Pull every line that includes the word "false" from the data.

Records from a data collection |
##############################
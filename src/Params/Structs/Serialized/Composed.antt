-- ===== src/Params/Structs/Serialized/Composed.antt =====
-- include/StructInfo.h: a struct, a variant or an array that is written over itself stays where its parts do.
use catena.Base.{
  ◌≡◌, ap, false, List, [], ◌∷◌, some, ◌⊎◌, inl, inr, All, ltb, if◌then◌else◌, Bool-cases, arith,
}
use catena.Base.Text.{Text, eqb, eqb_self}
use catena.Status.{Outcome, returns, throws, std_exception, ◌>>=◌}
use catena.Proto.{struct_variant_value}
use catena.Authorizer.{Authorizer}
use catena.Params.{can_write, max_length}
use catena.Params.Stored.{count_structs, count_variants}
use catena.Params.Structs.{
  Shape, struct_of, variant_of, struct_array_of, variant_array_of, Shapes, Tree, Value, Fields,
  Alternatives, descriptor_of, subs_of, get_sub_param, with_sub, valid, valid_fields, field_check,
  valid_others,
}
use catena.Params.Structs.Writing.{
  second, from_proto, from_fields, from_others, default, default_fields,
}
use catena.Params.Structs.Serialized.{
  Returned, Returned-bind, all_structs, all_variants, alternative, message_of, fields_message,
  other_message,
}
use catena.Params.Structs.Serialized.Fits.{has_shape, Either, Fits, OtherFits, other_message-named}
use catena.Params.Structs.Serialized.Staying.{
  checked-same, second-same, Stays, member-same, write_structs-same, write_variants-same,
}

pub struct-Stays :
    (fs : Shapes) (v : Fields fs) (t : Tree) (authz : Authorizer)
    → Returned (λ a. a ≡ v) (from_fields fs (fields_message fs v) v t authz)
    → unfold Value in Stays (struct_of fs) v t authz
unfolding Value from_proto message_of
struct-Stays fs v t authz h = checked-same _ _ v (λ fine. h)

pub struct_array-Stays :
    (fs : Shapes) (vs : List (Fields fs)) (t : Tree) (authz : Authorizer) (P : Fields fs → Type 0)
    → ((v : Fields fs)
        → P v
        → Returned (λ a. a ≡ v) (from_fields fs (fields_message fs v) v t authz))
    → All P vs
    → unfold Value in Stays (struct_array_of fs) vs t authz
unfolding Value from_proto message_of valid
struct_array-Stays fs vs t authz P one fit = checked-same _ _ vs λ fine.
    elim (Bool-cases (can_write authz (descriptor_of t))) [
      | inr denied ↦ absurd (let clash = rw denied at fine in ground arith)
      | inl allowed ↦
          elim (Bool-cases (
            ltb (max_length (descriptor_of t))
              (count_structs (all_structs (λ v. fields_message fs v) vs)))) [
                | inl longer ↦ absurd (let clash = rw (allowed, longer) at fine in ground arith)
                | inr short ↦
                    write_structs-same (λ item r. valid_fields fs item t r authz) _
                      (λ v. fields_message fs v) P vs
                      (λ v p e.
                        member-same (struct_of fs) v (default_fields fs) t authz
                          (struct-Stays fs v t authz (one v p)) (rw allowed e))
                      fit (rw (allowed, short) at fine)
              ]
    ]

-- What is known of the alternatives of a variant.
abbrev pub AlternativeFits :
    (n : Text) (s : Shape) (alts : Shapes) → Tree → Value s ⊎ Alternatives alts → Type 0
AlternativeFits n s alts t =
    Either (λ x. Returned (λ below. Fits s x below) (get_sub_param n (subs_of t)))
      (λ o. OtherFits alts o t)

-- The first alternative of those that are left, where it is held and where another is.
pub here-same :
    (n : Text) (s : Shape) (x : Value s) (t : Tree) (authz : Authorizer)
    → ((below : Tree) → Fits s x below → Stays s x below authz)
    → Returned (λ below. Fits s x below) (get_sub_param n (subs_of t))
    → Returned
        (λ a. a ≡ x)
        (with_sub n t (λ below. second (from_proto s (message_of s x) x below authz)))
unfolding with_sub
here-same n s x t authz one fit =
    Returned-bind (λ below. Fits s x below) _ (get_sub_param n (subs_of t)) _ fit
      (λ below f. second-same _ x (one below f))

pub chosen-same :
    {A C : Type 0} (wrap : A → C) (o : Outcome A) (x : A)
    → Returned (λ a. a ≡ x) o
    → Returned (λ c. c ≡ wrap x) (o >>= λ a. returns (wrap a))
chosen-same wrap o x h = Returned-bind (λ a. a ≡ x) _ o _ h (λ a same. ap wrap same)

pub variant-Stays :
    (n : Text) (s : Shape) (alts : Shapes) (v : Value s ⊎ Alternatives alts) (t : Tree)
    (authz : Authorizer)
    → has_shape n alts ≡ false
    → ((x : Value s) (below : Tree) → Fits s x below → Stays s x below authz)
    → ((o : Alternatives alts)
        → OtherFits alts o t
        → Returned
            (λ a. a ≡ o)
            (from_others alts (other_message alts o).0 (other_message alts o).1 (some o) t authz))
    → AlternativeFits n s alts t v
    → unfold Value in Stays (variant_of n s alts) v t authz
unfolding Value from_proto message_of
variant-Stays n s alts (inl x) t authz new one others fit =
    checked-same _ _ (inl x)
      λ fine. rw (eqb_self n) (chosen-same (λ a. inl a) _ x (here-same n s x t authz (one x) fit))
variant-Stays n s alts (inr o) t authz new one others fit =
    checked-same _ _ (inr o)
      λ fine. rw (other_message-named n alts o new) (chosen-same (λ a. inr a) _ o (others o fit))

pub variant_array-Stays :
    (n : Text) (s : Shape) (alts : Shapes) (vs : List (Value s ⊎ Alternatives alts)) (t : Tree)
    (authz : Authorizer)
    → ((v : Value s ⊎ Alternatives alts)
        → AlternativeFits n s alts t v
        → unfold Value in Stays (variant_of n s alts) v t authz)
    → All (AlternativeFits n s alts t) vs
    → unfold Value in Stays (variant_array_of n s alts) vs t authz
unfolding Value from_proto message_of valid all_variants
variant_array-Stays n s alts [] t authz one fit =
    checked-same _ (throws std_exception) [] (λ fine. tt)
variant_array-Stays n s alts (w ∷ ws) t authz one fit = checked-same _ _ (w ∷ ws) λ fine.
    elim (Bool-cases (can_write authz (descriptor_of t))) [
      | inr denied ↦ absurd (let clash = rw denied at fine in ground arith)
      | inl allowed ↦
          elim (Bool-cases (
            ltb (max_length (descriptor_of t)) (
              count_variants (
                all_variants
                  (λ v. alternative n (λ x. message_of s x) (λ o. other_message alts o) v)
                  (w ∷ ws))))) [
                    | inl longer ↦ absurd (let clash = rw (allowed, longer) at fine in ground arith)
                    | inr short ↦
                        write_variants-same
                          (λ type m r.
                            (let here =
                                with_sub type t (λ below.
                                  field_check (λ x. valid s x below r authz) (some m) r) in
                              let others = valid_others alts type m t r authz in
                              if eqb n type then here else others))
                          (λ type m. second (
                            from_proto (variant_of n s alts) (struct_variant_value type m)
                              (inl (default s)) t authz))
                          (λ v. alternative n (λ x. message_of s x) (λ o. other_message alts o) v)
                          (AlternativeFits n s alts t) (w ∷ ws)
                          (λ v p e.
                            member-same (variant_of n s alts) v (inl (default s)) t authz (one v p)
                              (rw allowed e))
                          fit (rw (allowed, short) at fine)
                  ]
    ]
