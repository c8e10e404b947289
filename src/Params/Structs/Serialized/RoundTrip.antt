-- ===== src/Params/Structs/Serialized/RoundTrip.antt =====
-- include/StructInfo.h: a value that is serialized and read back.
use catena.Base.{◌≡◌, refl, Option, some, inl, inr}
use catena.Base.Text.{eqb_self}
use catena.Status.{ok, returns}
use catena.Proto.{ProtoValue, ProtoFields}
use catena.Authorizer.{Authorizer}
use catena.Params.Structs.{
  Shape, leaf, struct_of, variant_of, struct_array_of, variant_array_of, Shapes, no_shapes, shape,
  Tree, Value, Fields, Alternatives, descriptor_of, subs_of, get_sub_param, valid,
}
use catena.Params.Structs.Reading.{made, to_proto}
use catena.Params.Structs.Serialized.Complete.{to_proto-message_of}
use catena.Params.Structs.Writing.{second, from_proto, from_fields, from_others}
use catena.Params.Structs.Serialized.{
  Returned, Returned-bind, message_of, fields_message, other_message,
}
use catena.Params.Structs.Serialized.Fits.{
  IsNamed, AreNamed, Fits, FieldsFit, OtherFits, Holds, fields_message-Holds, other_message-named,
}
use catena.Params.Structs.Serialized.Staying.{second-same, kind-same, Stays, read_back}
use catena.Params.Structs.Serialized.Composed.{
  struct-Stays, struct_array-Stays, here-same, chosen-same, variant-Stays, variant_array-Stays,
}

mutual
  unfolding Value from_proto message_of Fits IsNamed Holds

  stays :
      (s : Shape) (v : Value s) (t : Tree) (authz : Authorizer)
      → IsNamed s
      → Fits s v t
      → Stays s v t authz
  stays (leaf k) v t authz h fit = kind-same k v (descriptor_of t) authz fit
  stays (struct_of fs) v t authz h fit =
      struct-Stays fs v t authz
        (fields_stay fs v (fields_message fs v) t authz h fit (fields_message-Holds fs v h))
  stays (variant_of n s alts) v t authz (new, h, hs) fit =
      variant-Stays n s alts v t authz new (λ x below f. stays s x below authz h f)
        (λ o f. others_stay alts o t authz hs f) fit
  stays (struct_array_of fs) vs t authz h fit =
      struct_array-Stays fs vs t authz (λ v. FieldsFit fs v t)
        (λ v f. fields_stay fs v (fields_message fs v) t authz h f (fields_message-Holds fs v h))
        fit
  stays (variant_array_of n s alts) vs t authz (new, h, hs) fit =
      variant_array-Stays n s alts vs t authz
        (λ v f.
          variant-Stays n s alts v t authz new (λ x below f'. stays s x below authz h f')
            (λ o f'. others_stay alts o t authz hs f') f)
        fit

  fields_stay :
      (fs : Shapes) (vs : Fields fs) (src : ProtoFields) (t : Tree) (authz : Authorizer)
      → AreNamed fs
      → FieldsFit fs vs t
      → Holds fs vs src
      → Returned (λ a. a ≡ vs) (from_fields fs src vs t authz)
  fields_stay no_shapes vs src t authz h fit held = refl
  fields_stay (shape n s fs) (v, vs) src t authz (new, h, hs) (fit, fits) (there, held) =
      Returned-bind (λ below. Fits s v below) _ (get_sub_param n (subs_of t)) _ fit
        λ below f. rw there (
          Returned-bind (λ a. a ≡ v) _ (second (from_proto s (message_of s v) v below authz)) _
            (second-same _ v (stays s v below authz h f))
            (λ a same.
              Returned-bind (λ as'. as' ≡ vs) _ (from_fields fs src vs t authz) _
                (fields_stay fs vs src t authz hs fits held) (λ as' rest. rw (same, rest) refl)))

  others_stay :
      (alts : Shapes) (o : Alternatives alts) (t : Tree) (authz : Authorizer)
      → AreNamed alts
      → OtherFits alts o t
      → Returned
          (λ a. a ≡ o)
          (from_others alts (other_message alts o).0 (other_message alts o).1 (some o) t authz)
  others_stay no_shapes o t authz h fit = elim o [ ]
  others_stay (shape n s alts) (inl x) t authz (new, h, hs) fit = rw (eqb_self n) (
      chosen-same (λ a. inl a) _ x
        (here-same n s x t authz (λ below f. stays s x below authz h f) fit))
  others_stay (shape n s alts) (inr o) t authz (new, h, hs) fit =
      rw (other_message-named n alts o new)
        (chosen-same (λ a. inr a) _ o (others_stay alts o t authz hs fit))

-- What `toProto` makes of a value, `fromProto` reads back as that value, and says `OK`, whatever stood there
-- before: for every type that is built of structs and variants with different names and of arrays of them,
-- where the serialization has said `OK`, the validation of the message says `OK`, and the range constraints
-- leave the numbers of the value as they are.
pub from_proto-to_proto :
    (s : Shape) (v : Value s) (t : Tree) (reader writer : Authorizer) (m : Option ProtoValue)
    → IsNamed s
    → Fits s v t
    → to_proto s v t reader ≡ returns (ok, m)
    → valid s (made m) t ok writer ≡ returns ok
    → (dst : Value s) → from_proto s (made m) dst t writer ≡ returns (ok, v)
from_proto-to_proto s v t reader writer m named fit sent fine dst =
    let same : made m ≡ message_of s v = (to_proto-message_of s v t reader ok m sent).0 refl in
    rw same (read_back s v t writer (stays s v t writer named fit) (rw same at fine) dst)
##############################
Answer area |
  ◌≡◌, ap, false, List, [], ◌∷◌, some, ◌⊎◌, inl, inr, All, ltb, if◌then◌else◌, Bool-cases, arith,
    → has_shape n alts ≡ false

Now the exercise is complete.